Extracted material -

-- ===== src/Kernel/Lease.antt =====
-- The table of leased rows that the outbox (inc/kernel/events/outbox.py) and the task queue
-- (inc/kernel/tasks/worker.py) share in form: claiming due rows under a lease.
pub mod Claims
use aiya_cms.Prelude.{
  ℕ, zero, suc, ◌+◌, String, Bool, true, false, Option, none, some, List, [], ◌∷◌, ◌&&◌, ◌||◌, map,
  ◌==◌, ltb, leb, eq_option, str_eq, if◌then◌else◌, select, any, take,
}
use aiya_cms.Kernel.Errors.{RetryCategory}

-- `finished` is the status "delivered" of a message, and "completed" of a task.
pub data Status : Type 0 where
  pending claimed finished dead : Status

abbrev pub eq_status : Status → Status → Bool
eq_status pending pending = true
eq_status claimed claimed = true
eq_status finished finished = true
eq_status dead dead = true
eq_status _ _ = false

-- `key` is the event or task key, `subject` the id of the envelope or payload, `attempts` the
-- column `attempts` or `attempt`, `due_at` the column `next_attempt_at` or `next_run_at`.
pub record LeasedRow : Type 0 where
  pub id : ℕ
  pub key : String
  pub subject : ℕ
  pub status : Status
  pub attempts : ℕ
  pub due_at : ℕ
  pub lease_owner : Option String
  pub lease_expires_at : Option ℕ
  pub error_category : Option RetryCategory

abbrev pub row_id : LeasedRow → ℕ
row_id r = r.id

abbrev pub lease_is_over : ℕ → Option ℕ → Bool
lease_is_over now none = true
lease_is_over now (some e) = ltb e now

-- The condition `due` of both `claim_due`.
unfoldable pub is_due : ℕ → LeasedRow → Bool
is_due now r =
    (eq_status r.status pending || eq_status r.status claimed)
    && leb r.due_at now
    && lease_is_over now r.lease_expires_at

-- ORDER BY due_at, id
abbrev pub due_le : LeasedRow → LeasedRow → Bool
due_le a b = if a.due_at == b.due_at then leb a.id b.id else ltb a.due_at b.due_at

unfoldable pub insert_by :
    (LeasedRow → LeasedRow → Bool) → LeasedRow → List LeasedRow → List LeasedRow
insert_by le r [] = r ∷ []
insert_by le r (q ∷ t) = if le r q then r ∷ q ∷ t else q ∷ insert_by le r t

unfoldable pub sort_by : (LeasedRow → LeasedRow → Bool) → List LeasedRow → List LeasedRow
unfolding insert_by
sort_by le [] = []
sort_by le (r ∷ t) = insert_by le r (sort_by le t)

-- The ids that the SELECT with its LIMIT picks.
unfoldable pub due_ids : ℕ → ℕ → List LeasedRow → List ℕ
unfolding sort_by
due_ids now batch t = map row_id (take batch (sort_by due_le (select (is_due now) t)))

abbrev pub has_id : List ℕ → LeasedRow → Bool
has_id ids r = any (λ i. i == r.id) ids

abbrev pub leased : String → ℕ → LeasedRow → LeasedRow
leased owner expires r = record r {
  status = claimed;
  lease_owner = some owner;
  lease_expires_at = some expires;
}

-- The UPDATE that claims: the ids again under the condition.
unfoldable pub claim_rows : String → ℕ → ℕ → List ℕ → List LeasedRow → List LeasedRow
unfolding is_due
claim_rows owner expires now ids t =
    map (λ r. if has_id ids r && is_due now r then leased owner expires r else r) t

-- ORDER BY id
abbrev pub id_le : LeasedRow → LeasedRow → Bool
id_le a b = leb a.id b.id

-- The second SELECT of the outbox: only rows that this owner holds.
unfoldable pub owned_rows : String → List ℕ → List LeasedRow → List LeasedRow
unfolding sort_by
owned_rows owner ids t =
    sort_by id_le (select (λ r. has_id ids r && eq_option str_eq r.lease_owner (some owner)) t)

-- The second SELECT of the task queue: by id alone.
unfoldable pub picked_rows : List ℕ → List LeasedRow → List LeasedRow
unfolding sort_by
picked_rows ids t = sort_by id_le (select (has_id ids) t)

--

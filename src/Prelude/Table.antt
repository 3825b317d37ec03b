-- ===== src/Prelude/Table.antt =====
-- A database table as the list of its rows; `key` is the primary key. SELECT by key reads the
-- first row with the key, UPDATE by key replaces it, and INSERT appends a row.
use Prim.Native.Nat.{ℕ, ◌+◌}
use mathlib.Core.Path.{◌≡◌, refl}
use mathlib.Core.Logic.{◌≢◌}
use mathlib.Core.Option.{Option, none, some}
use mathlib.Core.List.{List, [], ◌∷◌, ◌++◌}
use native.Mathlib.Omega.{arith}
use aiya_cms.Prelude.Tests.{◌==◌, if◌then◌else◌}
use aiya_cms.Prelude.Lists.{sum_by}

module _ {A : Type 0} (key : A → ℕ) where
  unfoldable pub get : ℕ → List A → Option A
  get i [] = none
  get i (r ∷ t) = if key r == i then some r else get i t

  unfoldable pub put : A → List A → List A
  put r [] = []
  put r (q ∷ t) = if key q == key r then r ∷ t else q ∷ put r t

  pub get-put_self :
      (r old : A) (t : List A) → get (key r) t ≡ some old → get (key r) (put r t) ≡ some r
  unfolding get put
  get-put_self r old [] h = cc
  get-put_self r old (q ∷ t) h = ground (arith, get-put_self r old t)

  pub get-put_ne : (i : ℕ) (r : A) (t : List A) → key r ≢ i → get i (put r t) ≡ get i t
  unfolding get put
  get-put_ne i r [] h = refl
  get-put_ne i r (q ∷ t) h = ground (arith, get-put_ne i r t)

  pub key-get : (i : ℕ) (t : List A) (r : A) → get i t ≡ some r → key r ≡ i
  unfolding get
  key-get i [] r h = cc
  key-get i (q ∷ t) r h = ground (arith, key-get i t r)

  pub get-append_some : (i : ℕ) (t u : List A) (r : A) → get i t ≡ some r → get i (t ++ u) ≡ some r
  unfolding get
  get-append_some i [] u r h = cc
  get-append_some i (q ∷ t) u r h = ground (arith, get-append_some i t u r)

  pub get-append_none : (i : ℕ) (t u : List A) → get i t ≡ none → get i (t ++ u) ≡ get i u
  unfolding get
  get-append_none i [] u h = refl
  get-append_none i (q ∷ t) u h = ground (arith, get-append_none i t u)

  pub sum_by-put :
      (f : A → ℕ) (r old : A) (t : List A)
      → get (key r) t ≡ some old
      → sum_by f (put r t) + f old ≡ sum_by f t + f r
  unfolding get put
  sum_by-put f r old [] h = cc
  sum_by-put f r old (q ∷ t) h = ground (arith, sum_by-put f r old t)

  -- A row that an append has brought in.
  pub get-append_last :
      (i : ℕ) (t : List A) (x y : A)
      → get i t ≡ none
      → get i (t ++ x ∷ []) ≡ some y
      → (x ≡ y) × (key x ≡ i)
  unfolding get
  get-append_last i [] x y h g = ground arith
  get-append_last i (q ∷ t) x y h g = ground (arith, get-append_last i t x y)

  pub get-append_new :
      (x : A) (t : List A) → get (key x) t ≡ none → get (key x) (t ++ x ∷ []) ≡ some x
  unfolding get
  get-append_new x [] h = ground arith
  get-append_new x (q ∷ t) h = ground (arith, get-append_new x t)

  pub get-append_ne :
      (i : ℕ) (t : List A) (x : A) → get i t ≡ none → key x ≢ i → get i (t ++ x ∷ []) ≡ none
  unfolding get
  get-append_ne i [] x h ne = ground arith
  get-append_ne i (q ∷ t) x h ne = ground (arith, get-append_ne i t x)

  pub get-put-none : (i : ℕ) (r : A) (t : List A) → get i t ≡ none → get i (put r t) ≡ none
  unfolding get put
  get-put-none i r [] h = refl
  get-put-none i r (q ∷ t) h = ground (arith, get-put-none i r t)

What is required - Look in the material above for the line with "(eq_status r.status pending" and the line with "unfoldable pub due_ids", and transcribe exactly those lines and all lines between them, nothing more.

Answer box -
    (eq_status r.status pending || eq_status r.status claimed)
    && leb r.due_at now
    && lease_is_over now r.lease_expires_at

-- ORDER BY due_at, id
abbrev pub due_le : LeasedRow → LeasedRow → Bool
due_le a b = if a.due_at == b.due_at then leb a.id b.id else ltb a.due_at b.due_at

unfoldable pub insert_by :
    (LeasedRow → LeasedRow → Bool) → LeasedRow → List LeasedRow → List LeasedRow
insert_by le r [] = r ∷ []
insert_by le r (q ∷ t) = if le r q then r ∷ q ∷ t else q ∷ insert_by le r t

unfoldable pub sort_by : (LeasedRow → LeasedRow → Bool) → List LeasedRow → List LeasedRow
unfolding insert_by
sort_by le [] = []
sort_by le (r ∷ t) = insert_by le r (sort_by le t)

-- The ids that the SELECT with its LIMIT picks.
unfoldable pub due_ids : ℕ → ℕ → List LeasedRow → List ℕ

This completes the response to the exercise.